Friday, May 6, 2011

What is Out There Waiting



originally published in Border Crossings issue 116

What is Out There Waiting: 6th Berlin Biennale
Curated by Kathrin Rhomberg

Not quite a statement, nor explicitly a question, the theme chosen to frame the 6th Berlin Biennale is at once ominous and open-ended, conjuring visions of the underrepresented, the oppressed, or the ignored lurking in the distance, waiting to be uncovered. Despite the temporal and spatial dislocations the exhibition’s title implies, curator Kathrin Rhomberg claims that young artists are thinking less and less about the future, choosing instead to reinvestigate 20th century concerns. Her biennale seeks to addresses this “new historicism” by presenting works that direct their gaze away from the formal and self-referential concerns of contemporary art and “outward, at reality.” As Rhomberg told Artforum’s Anthony Byt, “it became urgent again for me to ask: Is there a relationship between art and the present moment, and if so, what does it look like?”
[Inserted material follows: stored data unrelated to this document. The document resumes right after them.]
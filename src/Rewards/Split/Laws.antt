-- ===== src/Rewards/Split/Laws.antt =====
-- What `distribute` pays out in all, and that every credit pays something.
use icminers_stratum_v.Prelude.{
  ℕ, zero, suc, ◌+◌, ◌-◌, ◌%◌, ◌<◌, max, List, [], ◌∷◌, map, true, false, ◌≡◌, refl, arith, ltb,
  leb, length, filter, sort_by, sum, sum-sort_by, Bool-cases, inl, inr, All, length-sort_by,
}
use icminers_stratum_v.Prelude.Floats.{Floats}
use icminers_stratum_v.Rewards.Split.{
  Credit, MinerWork, amounts, bump, hand_out, drop_zeros, is_positive, add_up, total_work,
  pays_before, floor_share, floors, distribute,
}

sum-bump :
    (i : ℕ) (cs : List Credit) → i < length cs → sum (amounts (bump i cs)) ≡ sum (amounts cs) + 1
unfolding bump
sum-bump i [] h = absurd (omega (arith, h))
sum-bump zero (c ∷ cs) h = omega arith
sum-bump (suc i) (c ∷ cs) h = omega (arith, sum-bump i cs (omega (arith, h)))

length-bump : (i : ℕ) (cs : List Credit) → length (bump i cs) ≡ length cs
unfolding bump
length-bump i [] = refl
length-bump zero (c ∷ cs) = refl
length-bump (suc i) (c ∷ cs) = omega (arith, length-bump i cs)

mod_lt : (i n : ℕ) → 0 < n → i % n < n
mod_lt i n h = ground arith

-- Each round of the loop adds one base unit.
sum-hand_out :
    (rest i : ℕ) (cs : List Credit)
    → i < length cs
    → sum (amounts (hand_out rest i cs)) ≡ sum (amounts cs) + rest
unfolding hand_out
sum-hand_out zero i cs h = omega arith
sum-hand_out (suc rest) i cs h =
    let next = (i + 1) % length cs in
    omega (
      arith,
      sum-bump i cs h,
      sum-hand_out rest next (bump i cs)
          (omega (arith, length-bump i cs, mod_lt (i + 1) (length cs) (omega (arith, h)))),
    )

sum-drop_zeros : (cs : List Credit) → sum (amounts (drop_zeros cs)) ≡ sum (amounts cs)
unfolding drop_zeros
sum-drop_zeros [] = refl
sum-drop_zeros (c ∷ cs) = ground (arith, sum-drop_zeros cs)

All-drop_zeros : (cs : List Credit) → All (λ c. 0 < c.amount_sats) (drop_zeros cs)
unfolding drop_zeros
All-drop_zeros [] = tt
All-drop_zeros (c ∷ cs) = elim (Bool-cases (ltb 0 c.amount_sats)) [
  | inl e ↦ rw e (ground arith, All-drop_zeros cs)
  | inr e ↦ rw e (All-drop_zeros cs)
]

module _ (fl : Floats) where
  open fl use {F, of_ℕ, le}

  -- Without positive work the sum stays where it starts.
  add_up_idle :
      (t : F) (ws : List (MinerWork F))
      → length (filter (is_positive fl) ws) ≡ 0
      → add_up fl t ws ≡ t
  unfolding add_up
  add_up_idle t [] h = refl
  add_up_idle t (w ∷ ws) h = elim (Bool-cases (is_positive fl w)) [
    | inl e ↦ absurd (omega (arith, rw e at h))
    | inr e ↦ rw e (add_up_idle t ws (rw e at h))
  ]

  -- The amounts before the remainder is handed out.
  sum-floors :
      (amount : ℕ) (total : F) (ws : List (MinerWork F))
      → sum (amounts (floors fl amount total ws)) ≡ sum (map (floor_share fl amount total) ws)
  unfolding floors
  sum-floors amount total [] = refl
  sum-floors amount total (w ∷ ws) = omega (arith, sum-floors amount total ws)

  length-floors :
      (amount : ℕ) (total : F) (ws : List (MinerWork F))
      → length (floors fl amount total ws) ≡ length ws
  unfolding floors
  length-floors amount total [] = refl
  length-floors amount total (w ∷ ws) = omega (arith, length-floors amount total ws)

  abbrev pub floor_sum : ℕ → List (MinerWork F) → ℕ
  floor_sum amount ws =
      sum (map (floor_share fl amount (total_work fl ws)) (filter (is_positive fl) ws))

  some_positive :
      (ws : List (MinerWork F))
      → le (of_ℕ 0) (of_ℕ 0) ≡ true
      → le (total_work fl ws) (of_ℕ 0) ≡ false
      → 0 < length (filter (is_positive fl) ws)
  unfolding total_work
  some_positive ws zero_law h = elim (Bool-cases (leb (length (filter (is_positive fl) ws)) 0)) [
    | inr e ↦ ground (arith, e)
    | inl e ↦
        let idle = add_up_idle (of_ℕ 0) ws (ground (arith, e)) in absurd (cc (idle, zero_law, h))
  ]

  abbrev ordered : List (MinerWork F) → List (MinerWork F)
  ordered ws = sort_by (pays_before fl) (filter (is_positive fl) ws)

  distribute_open :
      (amount : ℕ) (ws : List (MinerWork F))
      → le (of_ℕ 0) (of_ℕ 0) ≡ true
      → 0 < amount
      → le (total_work fl ws) (of_ℕ 0) ≡ false
      → let cs = floors fl amount (total_work fl ws) (ordered ws) in
        distribute fl amount ws ≡ drop_zeros (hand_out (amount - sum (amounts cs)) 0 cs)
  unfolding distribute total_work
  distribute_open amount [] zero_law h k = absurd (cc (zero_law, k))
  distribute_open amount (w ∷ ws) zero_law h k = ground (arith, h, k)

  -- For a positive amount and positive work in all, the credits sum to exactly the amount where the
  -- rounded shares do not exceed it, and to the sum of the rounded shares where they do, as float
  -- arithmetic may let them; each credit is positive. The float comparison is taken to find 0 ≤ 0.
  pub sum-distribute :
      (amount : ℕ) (ws : List (MinerWork F))
      → le (of_ℕ 0) (of_ℕ 0) ≡ true
      → 0 < amount
      → le (total_work fl ws) (of_ℕ 0) ≡ false
      → (sum (amounts (distribute fl amount ws)) ≡ max amount (floor_sum amount ws))
        × All (λ c. 0 < c.amount_sats) (distribute fl amount ws)
  sum-distribute amount ws zero_law h k =
      let cs = floors fl amount (total_work fl ws) (ordered ws) in
      let paid = hand_out (amount - sum (amounts cs)) 0 cs in
      rw (distribute_open amount ws zero_law h k) (
        omega (
          arith,
          sum-drop_zeros paid,
          sum-hand_out (amount - sum (amounts cs)) 0 cs (
              omega (
                arith,
                some_positive ws zero_law k,
                length-floors amount (total_work fl ws) (ordered ws),
                length-sort_by (pays_before fl) (filter (is_positive fl) ws),
              )),
          sum-floors amount (total_work fl ws) (ordered ws),
          sum-sort_by (floor_share fl amount (total_work fl ws)) (pays_before fl)
              (filter (is_positive fl) ws),
        ),
        All-drop_zeros paid,
      )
A challenging question, to say the least, and one that cannot easily be answered, even within the parameters of a mega-show like a biennale, the very structure of which is poised to respond to contemporary issues. According to Rhomberg, what defines our current moment, or at least the things she would like to direct our attention toward, are art practices that engage with social, economic, and political “realities.” Wisely framing reality in the plural, Rhomberg is also concerned with the attendant gaps or cracks in reality, the distance between how things seem and how they are. Implicit in this question is how the invisible becomes visible, and how anything, whether an individual, collectivity, idea, or act constitutes its own visibility. Indeed, the production of reality is one of the strongest themes to come out of Rhomberg’s thoughtful, though at times maddening biennale.
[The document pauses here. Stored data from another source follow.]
-- ===== src/Rewards/Tests.antt =====
-- A block's reward split between three miners.
use icminers_stratum_v.Prelude.{List, [], ◌∷◌, ◌≡◌, refl, arith, codes, sum, All, ◌<◌, max, sort_by}
use icminers_stratum_v.Prelude.Floats.{ratios, frac, Ratio}
use icminers_stratum_v.Rewards.Split.{distribute, MinerWork, total_work, amounts}
use icminers_stratum_v.Rewards.Split.Laws.{floor_sum, sum-distribute}

abbrev work : List (MinerWork Ratio)
work =
    record { miner = codes "ann"; diff_sum = frac 1 1 }
    ∷ record { miner = codes "bob"; diff_sum = frac 2 1 }
    ∷ record { miner = codes "cyd"; diff_sum = frac 0 1 }
    ∷ []

sum-distribute_example :
    (sum (amounts (distribute ratios 100 work)) ≡ max 100 (floor_sum ratios 100 work))
    × All (λ c. 0 < c.amount_sats) (distribute ratios 100 work)
unfolding total_work
sum-distribute_example = sum-distribute ratios 100 work refl (omega arith) refl

-- The remainder goes to the one with most work.
shares_of_100 :
    distribute ratios 100 work
    ≡ record { miner = codes "bob"; amount_sats = 67 }
      ∷ record { miner = codes "ann"; amount_sats = 33 }
      ∷ []
unfolding distribute sort_by
shares_of_100 = refl
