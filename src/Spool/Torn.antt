-- ===== src/Spool/Torn.antt =====
-- What a write that fails half-way does to the append after it.
use icminers_stratum_v.Prelude.{
  zero, suc, ℕ, ◌+◌, ◌<◌, ◌≤◌, List, [], ◌∷◌, ◌++◌, ◌≡◌, length, take, refl, arith, ok, none, All,
  ◌≢◌, Bool-cases, inl, inr, err, any, ap, leb, sym, false, ltb, append_assoc, ◌∙◌, length-append,
  All-append,
}
use icminers_stratum_v.Spool.{
  Codec, Spool, line_of, drop_cr, max_line, append, whole, torn, read_all, split_lines,
  decode_lines, Write, line_feed, full, write_failed, write_line,
}
use icminers_stratum_v.Spool.Queue.{IsCodec, split_lines-line}

All-take : (P : ℕ → Type 0) (n : ℕ) (xs : List ℕ) → All P xs → All P (take n xs)
All-take P zero xs h = tt
All-take P (suc n) [] h = tt
All-take P (suc n) (x ∷ xs) h = (h.0, All-take P n xs h.1)

take-append_short : (n : ℕ) (xs ys : List ℕ) → n ≤ length xs → take n (xs ++ ys) ≡ take n xs
take-append_short zero xs ys h = refl
take-append_short (suc n) [] ys h = absurd (omega (arith, h))
take-append_short (suc n) (x ∷ xs) ys h = rw (take-append_short n xs ys (omega (arith, h)))

-- A line without a line feed, and one more with it.
one_line :
    (xs ys : List ℕ)
    → All (λ b. b ≢ line_feed) xs
    → All (λ b. b ≢ line_feed) ys
    → split_lines (xs ++ (ys ++ (line_feed ∷ []))) ≡ (xs ++ ys) ∷ []
unfolding split_lines
one_line xs ys h k =
    ap split_lines (sym (append_assoc xs ys (line_feed ∷ [])))
    ∙ split_lines-line (xs ++ ys) [] (All-append (λ b. b ≢ line_feed) xs ys h k)

module _ {R : Type 0} (codec : Codec R) (law : IsCodec codec) where
  read_one :
      (xs : List ℕ)
      → codec.decode (drop_cr xs) ≡ none
      → length xs < max_line
      → any (λ l. leb max_line (length l)) (xs ∷ []) ≡ false × (decode_lines codec (xs ∷ []) ≡ [])
  unfolding decode_lines
  read_one xs garbage fits = (ground (arith, fits), rw (decode_lines, garbage) refl)

  append-whole_torn :
      (w : Write) (r : R) (s : Spool)
      → (append codec w r s).1 ≢ err full
      → append codec w r s ≡ write_line codec w (line_of codec r) s
  unfolding append
  append-whole_torn w r s some_room =
      elim (Bool-cases (ltb s.max (s.size + length (line_of codec r)))) [
        | inl over ↦ absurd (some_room (rw over refl))
        | inr room ↦ rw room refl
      ]

  -- On an empty file, with a codec that reads back every line that it wrote: an append that is
  -- acknowledged right after one of which only some bytes were written, but not the line feed, leaves
  -- a file from which neither record is read, if the two glued lines together are short enough for the
  -- scanner and decode to nothing.
  pub append-torn :
      (s : Spool) (r next : R) (n : ℕ)
      → s.file ≡ []
      → n < length (line_of codec r)
      → codec.decode (drop_cr (take n (codec.encode r) ++ codec.encode next)) ≡ none
      → length (take n (codec.encode r) ++ codec.encode next) < max_line
      → (append codec (torn n) r s).1 ≡ err write_failed
      → let after = append codec whole next (append codec (torn n) r s).0 in
        after.1 ≡ ok tt → read_all codec after.0.file ≡ ok []
  unfolding write_line read_all
  append-torn s r next n empty short garbage fits failed done =
      let line = line_of codec r in
      let first = append-whole_torn (torn n) r s (λ e. absurd (cc (e, failed))) in
      let second =
        append-whole_torn whole next (append codec (torn n) r s).0 (λ e. absurd (cc (e, done))) in
      let cut = take n (codec.encode r) in
      let before =
        ap (λ p. p.0.file) first
        ∙ ap (λ f. f ++ take n line) empty
        ∙ take-append_short n (codec.encode r) (line_feed ∷ [])
            (omega (arith, short, length-append (codec.encode r) (line_feed ∷ []))) in
      let file = ap (λ p. p.0.file) second ∙ ap (λ f. f ++ line_of codec next) before in
      let alone =
        one_line cut (codec.encode next)
          (All-take (λ b. b ≢ line_feed) n (codec.encode r) (law r).0) (law next).0 in
      let nothing = read_one (cut ++ codec.encode next) garbage fits in
      rw (file, read_all, alone, nothing.0, nothing.1) refl
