-- ===== src/Spool/Tests.antt =====
-- Numbers spooled by a codec of two bytes.
use icminers_stratum_v.Prelude.{
  ℕ, ◌+◌, ◌-◌, List, [], ◌∷◌, ◌++◌, ◌≡◌, refl, arith, true, false, some, none, Option, ok, ap,
}
use icminers_stratum_v.Spool.Queue.{Holds, IsCodec}
use icminers_stratum_v.Spool.{
  drop_cr, append, Codec, Spool, render, write_line, read_all, whole, torn,
}
use icminers_stratum_v.Spool.Runs.{
  Op, World, push, drain_batches, FitsOp, run, all_acknowledged, run-Holds,
}
use icminers_stratum_v.Spool.Torn.{append-torn}

unfoldable decode_pair : List ℕ → Option ℕ
decode_pair [] = none
decode_pair (a ∷ []) = none
decode_pair (a ∷ b ∷ []) = some (a - 14)
decode_pair (a ∷ b ∷ c ∷ cs) = none

abbrev pairs : Codec ℕ
pairs = record { encode = λ n. (n + 14) ∷ 0 ∷ []; decode = decode_pair }

pairs-IsCodec : IsCodec pairs
unfolding drop_cr decode_pair
pairs-IsCodec r = (
  ((λ e. absurd (omega (arith, e))), ((λ e. absurd (omega (arith, e))), tt)),
  refl,
  ap some (omega arith),
  omega arith,
)

abbrev small : Spool
small = record { file = []; size = 0; max = 100 }

abbrev world : World ℕ
world = record { spool = small; consumer = record { answers = true ∷ false ∷ []; delivered = [] } }

abbrev ops : List (Op ℕ)
ops = push 1 ∷ push 2 ∷ push 3 ∷ drain_batches 2 ∷ push 4 ∷ []

run-Holds_example :
    (rest : List ℕ) × Holds pairs (run pairs ops world).spool rest
    × ((run pairs ops world).consumer.delivered ++ rest
        ≡ [] ++ ([] ++ all_acknowledged pairs ops world))
unfolding Holds render FitsOp
run-Holds_example =
    run-Holds pairs pairs-IsCodec ops world []
      (omega arith, (omega arith, (omega arith, (tt, (omega arith, tt))))) (refl, refl, tt)

append-torn_example :
    read_all pairs (append pairs whole 6 (append pairs (torn 1) 5 small).0).0.file ≡ ok []
unfolding append write_line decode_pair drop_cr
append-torn_example =
    append-torn pairs pairs-IsCodec small 5 6 1 refl (omega arith) refl (omega arith) refl refl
In her attempt to take on such a slippery idea, Rhomberg strikes a modest tone, limiting the exhibition to forty-five artists and moving the bulk of the biennale’s six exhibition venues away from the bustle and noveau-glitz of Berlin’s Mitte to Kreuzberg. An air of seriousness pervades What is Out There Waiting, which eschews the spectacular site-specific works often commissioned for biennales in favor of more subdued, if not ramshackle installations and a curatorial tempo that tries to be deliberate, but instead often comes off as stilted and heavy handed. The work itself is predictably austere. After dutifully marching through the exhibitions six venues, some hidden on side streets and in unlikely locations, viewers may find themselves wondering, “is this what reality looks like?” The exhibition halls at Kunst-Werke, the biennale’s flagship institution feel practically empty, while visitors to the exhibition’s largest venue, a crumbling former department store on Kreuzberg’s Oranienplatz, are subjected to documentary video after documentary with little space to absorb the information contained therein.
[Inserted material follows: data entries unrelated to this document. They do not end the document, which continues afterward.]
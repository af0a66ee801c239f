-- ===== src/Stats.antt =====
-- internal/stats/stats.go: the rings of the last fifteen minutes and the counters of pools and miners.
-- Times are seconds since 1970, as `now.Unix()` gives them, a duration is in seconds, and a count of
-- 64 bits is a number. The sums of difficulties are floats of the interface.
pub mod Ring
pub mod Collector
mod Tests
An unfortunate by-product of this approach is that the works seem to seldom speak to each other. Indeed, the strongest relationships that emerge between works are often the most literal, like Renzo Marten’s Episode Three and Mark Boulos’ All That is Solid Melts into Air, though thankfully this does not diminish the seriousness or impact of either. Boulos’ two channel video juxtaposes the frenetic trading floor of the Chicago futures market with the artist’s interviews with resistance fighters in the Nigerian River Delta, where the local ecosystem has been decimated in the interest of foreign oil companies. Between outlining how “no bullet, no knife, no dagger can cut him” and telling the artist never to come to see him again, an elderly Nigerian man sternly commands Boulos, “make them remember us,” a not so subtle reminder of both the complexity and responsibility inherent in image making. This thread continues in Episode Three, Renzo Marten’s controversial 90 minute video which suggests that poverty, like any other resource, it is something that is bought, sold, traded, and exploited. Under the guise of a self-obsessed gonzo artist cum journalist, Marten’s stages a number of community meetings and trains local wedding photographers to document their own misery for profit. The Congolese may be poor, Martens reminds them, but they at least have their poverty itself, which they are giving away for free. To this end, Marten’s introduces a blinking neon sign reading "ENJOY POVERTY" half way through the film as both a directive to the Congolese, as well as a not-so-subtle indictment of Western consumption of "third world" poverty.

While political engagement is one of the leitmotifs of the exhibition, also expressed in the protest videos of Minerva Cuevas (Mexico) and Bernard Bazile (France), politics and history are at their richest and most expressive in works that are less explicit. After navigating the prescribed entrance to the exhibition through Kunst-Werke’s basement, visitors are greeted by a few live hens and a large wooden structure created by the biennale’s youngest artist, the twenty-four year old Kosovo born Petrit Halilaj. Entitled The places I’m looking for, my dear, are utopian places, they are boring and I don’t know how to make them real, the work is created from reconstructed beams from his parents’ home. A minimal and poetic construction, the work is an evocative blend of the personal and political, and one of the exhibition’s few doses of charm and humor.